Corollary 13.4.2. Let f be a closed proper convex function. Then dom f^* has a non-empty interior if and only if there are no lines along which f is (finite and) affine.

Here f^* is the Fenchel conjugate fenchelConjugate n f, and dom f^* is its effective domain effectiveDomain univ (fenchelConjugate n f). The absence of a line along which f is finite and affine is expressed by the nonexistence of x and a nonzero direction y such that t ↦ f (x + t • y) agrees with an affine function of t.

theorem section13_levelSet_eq_setOf_sub_dotProduct_sub_le_zero {n : ℕ} (h : (Fin n → ℝ) → EReal) (bStar : Fin n → ℝ) (β : ℝ) : {x : Fin n → ℝ | h x ≤ ↑β + ↑(x ⬝ᵥ bStar)} = {x : Fin n → ℝ | h x - ↑(x ⬝ᵥ bStar) - ↑β ≤ 0}

Rewriting a dot-product level set as a ≤ 0 sublevel set by moving affine terms across the inequality in EReal.

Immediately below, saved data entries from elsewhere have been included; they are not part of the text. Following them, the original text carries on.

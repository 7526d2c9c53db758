-- ===== src/Directives/Parse.antt =====
-- lib-lopez/src/directives/parse.rs: the parsers of the directives' pieces, which the items of
-- Directives/Parse/Items.antt are made of.
pub mod Items
pub mod Selecting
pub mod Total
use lopez.Prelude.{
  ℕ, zero, suc, ◌+◌, ◌^◌, ltb, leb, ◌==◌, ◌&&◌, ◌||◌, ℤ, pos, negsuc, Text, bytes, ◌++◌, Bool, true,
  false, List, [], ◌∷◌, Option, none, some, Result, ok, err, if◌then◌else◌,
}
use lopez.Prelude.Outcome
use lopez.Extern.{Extern}
use lopez.Nom.{Nom, Parser, IResult, spent, panicked, error, is_a}
use lopez.Value.{Value, of_items, of_f64}
use lopez.Expressions.Extractor.{ExtractorExpression}
use lopez.Expressions.Parse.{parse_u64, digits_onto, extractor_expression}
use lopez.Directives.HtmlExtractor.{
  Dom, Selector, from_str, Extractor, Inner, name, text, html, inner_html, attr, attrs, classes, id,
  parent, children, select_any, select_all, html_extraction,
}
use lopez.Directives.ParseCommon.{
  trailing_whitespace, tag_whitespace, tags_whitespace, escaped_string, regex,
}

-- A byte inside of a character of several bytes: `&i[idx..]` panics there.
abbrev pub is_continuation : ℕ → Bool
is_continuation c = leb 128 c && ltb c 192

-- `level`, an `i32`, behind a character.
abbrev raise : ℤ → ℤ
raise (pos n) = pos (suc n)
raise (negsuc zero) = pos 0
raise (negsuc (suc n)) = negsuc n

abbrev lower : ℤ → ℤ
lower (pos zero) = negsuc 0
lower (pos (suc n)) = pos n
lower (negsuc n) = negsuc (suc n)

abbrev pub leveled : ℕ → ℤ → ℤ
leveled c level = if c == 91 then raise level else if c == 93 then lower level else level

abbrev pub is_level : ℤ → Bool
is_level (pos zero) = true
is_level _ = false

abbrev pub consed : ℕ → Option (Text × Text) → Option (Text × Text)
consed c none = none
consed c (some (taken, rest)) = some (c ∷ taken, rest)

-- The loop of `css_selector`: the text passed over, and what is left. `none` is a panic.
unfoldable pub scan : ℕ → ℤ → Text → Option (Text × Text)
scan boundary_hint level [] = some ([], [])
scan boundary_hint level (c ∷ i) =
    let on = scan boundary_hint (leveled c level) i in
    if is_continuation c
    then none
    else if is_level level && c == boundary_hint
    then some ([], c ∷ i)
    else consed c on

-- `-num`.
abbrev negated : ℕ → ℤ
negated zero = pos 0
negated (suc n) = negsuc n

-- `number.parse::<i64>()`, for a text of digits.
abbrev pub parse_i64 : Text → Option ℕ
parse_i64 digits = let n = digits_onto 0 digits in if ltb n (2 ^ 63) then some n else none

module _ {ext : Extern} (nom : Nom ext) where
  open nom use {
    tag, is_not, digit1, double, map, map_res, tuple, alt, opt, not, many0, separated_list0,
    delimited,
  }

  unfoldable pub identifier : Parser Text
  identifier = is_not (bytes "\\/:;.()[]{}'\" \n\t\r" ++ (0 ∷ []))

  unfoldable pub identified_value : {T : Type 0} → Parser T → Parser (Text × T)
  unfolding identifier
  identified_value f =
      map
        (tuple (trailing_whitespace nom identifier) (
          tuple (tag_whitespace nom (bytes ":"))
            (tuple (trailing_whitespace nom f) (tag (bytes ";")))))
        (λ (identifier, (_, (value, _))). (identifier, value))

  unfoldable pub block : {H V : Type 0} → Parser H → Parser V → Parser (H × List V)
  block head value = tuple (trailing_whitespace nom head) (
      alt (
        delimited (tag_whitespace nom (bytes "{")) (many0 (trailing_whitespace nom value))
          (tag (bytes "}"))
        ∷ map (tag (bytes ";")) (λ _. [])
        ∷ []))

  unfoldable pub in_directive : Parser (Result Text ext.Regex)
  in_directive =
      map (tuple (tag_whitespace nom (bytes "in")) (escaped_string nom))
        (λ (_, parsed). regex ext parsed)

  unfoldable pub string_directive : List Text → Parser Text
  string_directive directive_tags =
      map
        (tuple (tags_whitespace nom directive_tags)
          (tuple (trailing_whitespace nom (escaped_string nom)) (tag (bytes ";"))))
        (λ (_, (string, _)). string)

  unfoldable pub flag_directive : List Text → Parser Unit
  flag_directive directive_tags =
      map (tuple (tags_whitespace nom directive_tags) (tag (bytes ";"))) (λ _. tt)

  abbrev number_or_none : Option ℕ → Option (Value ext)
  number_or_none none = none
  number_or_none (some num) = some (Value.number (ext.from_u64 num))

  abbrev negative_or_none : Option ℕ → Option (Value ext)
  negative_or_none none = none
  negative_or_none (some num) = some (Value.number (ext.from_i64 (negated num)))

  unfoldable pub literal : ℕ → Parser (Value ext)
  literal zero = λ i. err spent
  literal (suc n) =
      let inner = literal n in
      alt (
        map (escaped_string nom) Value.string
        ∷ map (tag (bytes "true")) (λ _. Value.bool true)
        ∷ map (tag (bytes "false")) (λ _. Value.bool false)
        ∷ map_res (tuple digit1 (not (tag (bytes "."))))
            (λ (number, _). number_or_none (parse_u64 number))
        ∷ map_res (tuple (tag (bytes "-")) (tuple digit1 (not (tag (bytes ".")))))
            (λ (_, (number, _)). negative_or_none (parse_i64 number))
        ∷ map double of_f64
        ∷ map
            (tuple (tag_whitespace nom (bytes "["))
              (tuple (separated_list0 (tag_whitespace nom (bytes ",")) inner) (tag (bytes "]"))))
            (λ (_, (array, _)). Value.array (of_items array))
        ∷ [])

  module _ (dom : Dom) where
    abbrev Reading : Type 0 → Type 0
    Reading A = Parser (Result Text A)

    -- `map_err(|err| format!("{:?}", err))`.
    abbrev pub debug_err : Result Text (Selector dom) → Result Text (Selector dom)
    debug_err (ok s) = ok s
    debug_err (err e) = err (ext.debug_text e)

    abbrev pub scanned : Text → Option (Text × Text) → IResult (Result Text (Selector dom))
    scanned i none = err panicked
    scanned i (some ([], rest)) = err (error i is_a)
    scanned i (some (c ∷ taken, rest)) = ok (rest, debug_err (from_str (c ∷ taken)))

    unfoldable pub css_selector : ℕ → Reading (Selector dom)
    unfolding scan from_str
    css_selector boundary_hint i = scanned i (scan boundary_hint (pos 0) i)

    -- `Box::new(extractor?)`.
    abbrev pub inner_of : ExtractorExpression (html_extraction ext dom) → Inner ext dom
    unfolding html_extraction
    inner_of e = Inner.expression e.extractor e.transformer_expression

    abbrev pub around :
        Text
        → (Inner ext dom → Extractor ext dom)
        → Reading (ExtractorExpression (html_extraction ext dom))
        → Reading (Extractor ext dom)
    unfolding inner_of
    around t f inner =
        map
          (tuple (tag_whitespace nom t) (
            tuple (tag_whitespace nom (bytes "("))
              (tuple (trailing_whitespace nom inner) (tag (bytes ")")))))
          (λ (_, (_, (e, _))). Outcome.◌>>=◌ e λ e. ok (f (inner_of e)))

    abbrev pub selecting :
        Text
        → (Inner ext dom → Selector dom → Extractor ext dom)
        → Reading (ExtractorExpression (html_extraction ext dom))
        → Reading (Extractor ext dom)
    unfolding inner_of css_selector
    selecting t f inner =
        map
          (tuple (tag_whitespace nom t) (
            tuple (tag_whitespace nom (bytes "(")) (
              tuple (trailing_whitespace nom inner) (
                tuple (tag_whitespace nom (bytes ","))
                  (tuple (css_selector 41) (tag (bytes ")")))))))
          (λ (_, (_, (e, (_, (s, _))))).
            Outcome.◌>>=◌ e λ e. Outcome.◌>>=◌ s λ s. ok (f (inner_of e) s))

    -- `Extractor::parse`.
    unfoldable pub extractor : ℕ → Reading (Extractor ext dom)
    unfolding around selecting html_extraction
    extractor zero = λ i. err spent
    extractor (suc n) =
        let inner = extractor_expression nom (html_extraction ext dom) (extractor n) n in
        alt (
          map (tag (bytes "name")) (λ _. ok name)
          ∷ map (tag (bytes "text")) (λ _. ok text)
          ∷ map (tag (bytes "html")) (λ _. ok html)
          ∷ map (tag (bytes "inner-html")) (λ _. ok inner_html)
          ∷ map (tag (bytes "attrs")) (λ _. ok attrs)
          ∷ map (tag (bytes "classes")) (λ _. ok classes)
          ∷ map (tag (bytes "id")) (λ _. ok id)
          ∷ map (tuple (tag_whitespace nom (bytes "attr")) (escaped_string nom))
              (λ (_, key). ok (attr key))
          ∷ around (bytes "parent") parent inner
          ∷ around (bytes "children") children inner
          ∷ selecting (bytes "select-any") select_any inner
          ∷ selecting (bytes "select-all") select_all inner
          ∷ [])
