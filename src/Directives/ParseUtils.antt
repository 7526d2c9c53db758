-- ===== src/Directives/ParseUtils.antt =====
-- lib-lopez/src/directives/parse_utils.rs: where and how a parse error is reported. The input of an
-- error is an end of the text, at the start of a character. `none` is a panic.
pub mod Positions
use lopez.Prelude.{
  ℕ, zero, suc, ◌+◌, ◌-◌, leb, ltb, ◌==◌, ◌&&◌, Text, bytes, ◌++◌, length, take, show_ℕ, Bool, List,
  [], ◌∷◌, Option, none, some, Result, ok, err, if◌then◌else◌,
}
use lopez.Extern.{Extern}
use lopez.Nom.{Nom, IResult, Err, ErrorKind, error, failure, incomplete, panicked, spent}
use lopez.Directives.Parse.{is_continuation}

pub record Position : Type 0 where
  pub line : ℕ
  pub column : ℕ

unfoldable pub position_text : Position → Text
position_text p =
    bytes "line " ++ (show_ℕ (p.line + 1) ++ (bytes ", column " ++ show_ℕ (p.column + 1)))

-- The loop of `Position::of`, over the bytes: a character counts at its first one.
unfoldable pub position_onto : ℕ → ℕ → Text → Position
position_onto line column [] = record { line = line; column = column }
position_onto line column (c ∷ s) =
    let next_line = position_onto (line + 1) 0 s in
    let same = position_onto line column s in
    let next = position_onto line (column + 1) s in
    if c == 10
    then next_line
    else if c == 13
    then same
    else if is_continuation c
    then same
    else next

unfoldable pub of : Text → Text → Position
unfolding position_onto
of text fragment = position_onto 0 0 (take (length text - length fragment) text)

pub record ParseError : Type 0 where
  pub position : Position
  pub hint : Text
  pub message : Text

-- `lines().next().unwrap_or_default()`: without the end of the line, `\n` or `\r\n`.
abbrev first_line : Text → Text
first_line [] = []
first_line (c ∷ []) = if c == 10 then [] else c ∷ []
first_line (c ∷ d ∷ s) =
    let rest = first_line (d ∷ s) in
    if c == 10 then [] else if c == 13 && d == 10 then [] else c ∷ rest

-- `chars().take(n).collect()`.
abbrev take_chars : ℕ → Text → Text
take_chars n [] = []
take_chars zero (c ∷ s) =
    let inside = take_chars zero s in if is_continuation c then c ∷ inside else []
take_chars (suc n) (c ∷ s) =
    let inside = take_chars (suc n) s in
    let rest = take_chars n s in if is_continuation c then c ∷ inside else c ∷ rest

module _ {ext : Extern} (nom : Nom ext) where
  abbrev pub reported : Text → Text → ErrorKind → ParseError
  unfolding of
  reported text input code = record {
    position = of text input;
    hint = take_chars 10 (first_line input) ++ bytes "...";
    message = nom.description code;
  }

  -- `ParseError::new`, for the errors that `nom` has.
  unfoldable pub new_error : Text → Err → Option ParseError
  unfolding reported
  new_error text (error input code) = some (reported text input code)
  new_error text (failure input code) = some (reported text input code)
  new_error text incomplete = none
  new_error text panicked = none
  new_error text spent = none

  abbrev pub failed : {T : Type 0} → Option ParseError → Option (Result ParseError T)
  failed none = none
  failed (some e) = some (err e)

  unfoldable pub map_iresult : {T : Type 0} → Text → IResult T → Option (Result ParseError T)
  unfolding new_error
  map_iresult text (ok (left_over, result)) = some (ok result)
  map_iresult text (err e) = failed (new_error text e)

theorem section13_fenchelConjugate_sub_const {n : ℕ} (g : (Fin n → ℝ) → EReal) (β : ℝ) : (fenchelConjugate n fun (x : Fin n → ℝ) => g x - ↑β) = fun (xStar : Fin n → ℝ) => fenchelConjugate n g xStar + ↑β

Subtracting a real constant from the primal function adds that constant to its Fenchel conjugate.

theorem levelSet_le_add_dotProduct_eq_setOf_sub_dotProduct_sub_le_zero_and_fenchelConjugate {n : ℕ} (h : (Fin n → ℝ) → EReal) (bStar : Fin n → ℝ) (β : ℝ) : have C := {x : Fin n → ℝ | h x ≤ ↑β + ↑(x ⬝ᵥ bStar)}; have f := fun (x : Fin n → ℝ) => h x - ↑(x ⬝ᵥ bStar) - ↑β; C = {x : Fin n → ℝ | f x ≤ 0} ∧ ∀ (xStar : Fin n → ℝ), fenchelConjugate n f xStar = fenchelConjugate n h (xStar + bStar) + ↑β

Text 13.4.3: Let h : ℝ^n → (-∞, +∞] be a proper convex function, let bStar ∈ ℝ^n, and let β ∈ ℝ. Define the level set C := {x | h x ≤ β + ⟪x, bStar⟫} and the shifted function f x := h x - ⟪x, bStar⟫ - β. Then C = {x | f x ≤ 0}. Moreover, the Fenchel conjugate of f satisfies f^*(xStar) = h^*(xStar + bStar) + β for all xStar ∈ ℝ^n.

theorem section13_posHom_dotProduct {n : ℕ} (xStar : Fin n → ℝ) : PositivelyHomogeneous fun (x : Fin n → ℝ) => ↑(x ⬝ᵥ xStar)

The linear functional x ↦ ⟪x, xStar⟫ is positively homogeneous when viewed as an EReal-valued function.

theorem section13_convexFunctionOn_dotProduct {n : ℕ} (xStar : Fin n → ℝ) : ConvexFunctionOn Set.univ fun (x : Fin n → ℝ) => ↑(x ⬝ᵥ xStar)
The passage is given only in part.